DATA RECORDS Block Start
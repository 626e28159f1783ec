-- ===== src/Replay/Validate/Checksum.antt =====
-- `_ipv4_checksum` of netreplay/core/replay/validate.py, and that it is `_checksum` of remap.py, a separate function
-- with the same steps.
use net_replay.Common.{
  ℕ, zero, suc, ◌+◌, ◌-◌, ◌*◌, ◌/◌, ◌%◌, ◌≡◌, refl, ◌∙◌, ap, true, false, [], ◌∷◌, ◌++◌, ltb, ◌==◌,
  if◌then◌else◌, length,
}
use net_replay.Replay.Bytes.{Bytes}
use net_replay.Replay.Checksum.{padded, word_sum, fold, checksum}

-- `data += b"\x00"` if the length is odd.
unfoldable pub ipv4_padded : Bytes → Bytes
ipv4_padded payload = if length payload % 2 == 0 then payload else payload ++ 0 ∷ []

-- The sum of the 16-bit words; the low byte of a word is below 256, so `|` is `+`.
unfoldable pub ipv4_word_sum : Bytes → ℕ
ipv4_word_sum [] = 0
ipv4_word_sum (x ∷ []) = x * 256
ipv4_word_sum (x ∷ y ∷ rest) = x * 256 + y + ipv4_word_sum rest

-- `while total >> 16: total = (total & 0xFFFF) + (total >> 16)`
unfoldable pub ipv4_fold : ℕ → ℕ → ℕ
ipv4_fold zero total = total
ipv4_fold (suc f) total = elim (ltb 65535 total) [
  | true ↦ ipv4_fold f (total % 65536 + total / 65536)
  | false ↦ total
]

-- `(~total) & 0xFFFF` of the folded sum. The sum itself is fuel enough.
unfoldable pub ipv4_checksum : Bytes → ℕ
ipv4_checksum payload =
    let total = ipv4_word_sum (ipv4_padded payload) in 65535 - ipv4_fold total total

ipv4_word_sum-eq : (d : Bytes) → ipv4_word_sum d ≡ word_sum d
unfolding ipv4_word_sum word_sum
ipv4_word_sum-eq [] = refl
ipv4_word_sum-eq (x ∷ []) = refl
ipv4_word_sum-eq (x ∷ y ∷ rest) = ap (λ n. x * 256 + y + n) (ipv4_word_sum-eq rest)

ipv4_fold-eq : (f total : ℕ) → ipv4_fold f total ≡ fold f total
unfolding ipv4_fold fold
ipv4_fold-eq zero total = refl
ipv4_fold-eq (suc f) total =
    ap (λ n. elim (ltb 65535 total) [ true ↦ n | false ↦ total ])
      (ipv4_fold-eq f (total % 65536 + total / 65536))

pub ipv4_checksum-eq : (d : Bytes) → ipv4_checksum d ≡ checksum d
unfolding ipv4_checksum checksum ipv4_padded padded
ipv4_checksum-eq d =
    let p = if length d % 2 == 0 then d else d ++ 0 ∷ [] in
    ap (λ n. 65535 - ipv4_fold n n) (ipv4_word_sum-eq p)
    ∙ ap (λ n. 65535 - n) (ipv4_fold-eq (word_sum p) (word_sum p))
DATA RECORDS Block End
For the word "else", please count the lines in the data where it appears and respond with the number only.

3